* **How to complete this task**:
The number of lines containing "true" is the only answer wanted; work it out from the entries below.

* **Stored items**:
· · · · ·

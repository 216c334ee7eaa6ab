-- ===== src/Tasks/Store/Faults/Tests.antt =====
-- The theorems on a server that refuses to add to a set, so that each creation is cut off halfway.
use rust_basics.Prelude.{refl, true, false, none, sym, subst, some, List, [], ◌∷◌}
use rust_basics.Valkey
use rust_basics.Valkey.Sample.{
  flaky, flaky-IsServer, flaky-IsAtomic, Memory, put, contents, memory-IsServer,
}
use rust_basics.Tasks.Store as Store
use rust_basics.Tasks.Store.Spec.{Op, create, get, delete, list, deleted, perform}
use rust_basics.Tasks.Store.Faults as Faults
use rust_basics.Tasks.Store.Faults.Fits.{Fits-write}
use rust_basics.Tasks.Store.Faults.{Shelf, Trace, run_on, Fits}
use rust_basics.Tasks.Store.Faults.Runs.{run_on-Trace}
use rust_basics.Tasks.Store.Faults.History.{AllWithout, Own-put, deleted_stays}
use rust_basics.Tasks.Sample.{titles, empty, milk}

abbrev bare : Shelf
bare = record { tasks = λ _. none; index = λ _. false }

abbrev a_run : List Op
a_run = create milk ∷ get "a" ∷ list ∷ delete "a" ∷ []

run_on-Trace_example :
    (s' : Shelf) × Trace a_run (run_on flaky titles a_run empty).1 bare s'
    × Fits flaky flaky-IsServer titles (contents (run_on flaky titles a_run empty).0) s'
run_on-Trace_example =
    run_on-Trace flaky flaky-IsServer titles flaky-IsAtomic a_run empty bare λ id. (refl, refl)

-- What such a creation leaves.
abbrev half : Memory
half = put "task:a" (some "milk") empty

abbrev half_shelf : Shelf
half_shelf = Faults.put "a" (some milk) bare

half-Fits : Fits flaky flaky-IsServer titles (contents half) half_shelf
half-Fits =
    let fits =
      Fits-write flaky flaky-IsServer titles "a" (some "milk") (some milk) (contents empty) bare
        ("milk", refl, refl) (λ id. (refl, refl)) in
    subst (λ w. Fits flaky flaky-IsServer titles w half_shelf)
      (sym (memory-IsServer.set-ok "task:a" "milk" empty refl)) fits

deleted_stays_example :
    AllWithout "a"
      (get "a" ∷ list ∷ [])
      (run_on flaky titles (get "a" ∷ list ∷ []) (perform flaky titles (delete "a") half).0).1
unfolding Store.delete Store.get Store.delete_existing Valkey.get_json Valkey.get Valkey.del
    Valkey.set_remove
deleted_stays_example =
    deleted_stays flaky flaky-IsServer titles flaky-IsAtomic "a" half half_shelf (deleted true)
      (get "a" ∷ list ∷ []) half-Fits (Own-put "a" milk bare (λ id t e. cc)) refl (tt, (tt, tt))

· · · · ·

* **Completed exercise**:
2